PS: ip в пакетах можно и подделать — будут как бы твои.

soomrack ★★★★
()
Последнее исправление: soomrack (всего исправлений: 1)
Ответ на: комментарий от soomrack

В iptables всё так просто и понятно, а тут в tc ужас какой-то. Что-ж, придется читать, спасибо за совет.

Xenonaut
() автор топика

Чтобы именно ты не подключился - практически нереально, но затруднить или усложнить тебе жизнь - вполне. Зависит от хостера. Если это рашкин-хостеры, то 1 Гбит ддоса они вряд-ли выдержат. Если у тебя серьёзный дедик, в крутом датацентре Ирландии - до 10/20 Гбит он вытянет (с трудом) при наличии порта 10-50 Гбит (что редкость). Сумма такого оборудования в месяц около 30-60 штук деревянных в европе в месяц. Вряд-ли именно ты потянешь такое.

menangen ★★★★★
()

Чтобы тебя не ддосили, открой только ipV6 и нигде не пали его :-)

menangen ★★★★★
()

Можно ли каким-то способом заддосить мой сервер извне, чтобы я не смог к нему подключиться удаленно?
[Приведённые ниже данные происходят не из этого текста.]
-- ===== src/Transfer/Contents.antt =====
-- The contents of a file's blocks, and a write to one of them.
use fcfs.Base.{
  ℕ, ◌*◌, ◌<◌, ◌≡◌, ◌≢◌, sym, subst, inl, inr, ◌⊎◌, Bool, List, arith, length, ◌==◌, if◌then◌else◌,
  Bool-cases, ==→eq,
}
use fcfs.Base.Monad.{ok}
use fcfs.Structs.{BlkInfo}
use fcfs.Volume.{Volume, IsCipher, lblk_sz}
use fcfs.Device.{need_crypt, at, bytes_at}
use fcfs.Device.Blocks.{Holds, plain, crypted}
use fcfs.Device.Frame.{Holds-Written}
use fcfs.Seq.{write_by_id}
use fcfs.Seq.ById.{Placed, Placed-Written, write_by_id-Written}

-- The list places the first `n` logical numbers in blocks of their own, which hold `c 0`, `c 1`, ...
pub record IsFile (v : Volume) (l : List BlkInfo) (n : ℕ) (c : ℕ → List ℕ) : Type 0 where
  pub blk : ℕ → BlkInfo
  pub placed : (i : ℕ) → i < n → Placed v (length l) l i (blk i)
  pub apart :
      (i j : ℕ) → i < n → j < n → i ≢ j → ((blk i).cid ≢ (blk j).cid) ⊎ ((blk i).bid ≢ (blk j).bid)
  pub holds : (i : ℕ) → i < n → Holds v (blk i).cid (blk i).bid need_crypt (c i)

-- The contents as one sequence of bytes.
abbrev pub blocks_of : ℕ → (ℕ → ℕ) → ℕ → List ℕ
blocks_of lblk g i = bytes_at g (i * lblk) lblk

Holds-at :
    {v : Volume} {cid bid : ℕ} {flag : Bool} {bs : List ℕ} (p : ℕ)
    → Holds v cid bid flag bs
    → Holds (at v p) cid bid flag bs
Holds-at p (plain e) = plain e
Holds-at p (crypted e) = crypted e

-- Reading moves the stream only.
pub IsFile-at :
    {v : Volume} {l : List BlkInfo} {n : ℕ} {c : ℕ → List ℕ} (p : ℕ)
    → IsFile v l n c
    → IsFile (at v p) l n c
IsFile-at {v} p f = record {
  blk = f.blk;
  placed = λ i h.
      let q = f.placed i h in
      record {
        found = q.found;
        block = record {
          nonneg = q.block.nonneg;
          addressed = q.block.addressed;
          inside = q.block.inside;
        };
        small = q.small;
      };
  apart = f.apart;
  holds = λ i h. Holds-at p (f.holds i h);
}

pub IsFile-eq :
    {v : Volume} {l : List BlkInfo} {n : ℕ} {c : ℕ → List ℕ} (c' : ℕ → List ℕ)
    → ((i : ℕ) → i < n → c' i ≡ c i)
    → IsFile v l n c
    → IsFile v l n c'
IsFile-eq {v} c' e f = record {
  blk = f.blk;
  placed = f.placed;
  apart = f.apart;
  holds = λ i h. subst (Holds v (f.blk i).cid (f.blk i).bid need_crypt) (sym (e i h)) (f.holds i h);
}

abbrev pub replaced : (ℕ → List ℕ) → ℕ → List ℕ → ℕ → List ℕ
replaced c b bs i = if i == b then bs else c i

-- A write of a whole block replaces it and keeps the others.
pub write_by_id-IsFile :
    (v : Volume) (l : List BlkInfo) (n : ℕ) (c : ℕ → List ℕ) (b : ℕ) (bs : List ℕ)
    → IsFile v l n c
    → IsCipher (lblk_sz v) v.ciph
    → b < n
    → length bs ≡ lblk_sz v
    → (w : Volume) × (write_by_id b bs l (length l) v ≡ ok 0 w)
      × (w ≡ record v { dev = w.dev })
      × IsFile w l n (replaced c b bs)
write_by_id-IsFile v l n c b bs f cipher small whole =
    let (w, eq, r) =
      write_by_id-Written v (length l) l b (f.blk b) bs (f.placed b small) cipher whole in
    (
      w,
      eq,
      r.rest,
      record {
        blk = f.blk;
        placed = λ i h. Placed-Written (length l) l i (f.blk i) r (f.placed i h);
        apart = f.apart;
        holds = λ i h. elim (Bool-cases (i == b)) [
          | inl same ↦ rw (same, ==→eq _ _ same) r.holds
          | inr other ↦ rw other (
              Holds-Written (f.blk i).cid (f.blk i).bid r (f.placed i h).small
                (f.apart i b h small (ground arith)) (f.holds i h))
        ];
      },
    )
Ответами провайдерского DNS твоему серверу.

e000xf000h
()

Усложним задачу. Есть два сервера. С помощью iptables сервера блокируют все входящие пакеты со всех ип, кроме одного. На одном сервере используется REJECT, а на другом DROP, сервера одинаковые из находятся в одной AS. Какой из них ляжет быстрей. И какова вероятность вычислить тот один разблокированный ipv4 адрес, если известно что ТС живет в Москве и у него NAT. И что быстрей произойдет, сервер отключат в ДЦ или ляжет ДЦ или клиенту начнут предлагать перейти на план с DDoS protection.

anonymous_sama ★★★★★
()
Ответ на: комментарий от anonymous_sama

REJECT всегда отвечает анричибл, а DROP ничего не отвечает. Если входящий канал шире, чем исходящий, то, скорее всего, первый сервер ляжет быстрее.

Xenonaut
() автор топика
Вы не можете добавлять комментарии в эту тему. Тема перемещена в архив.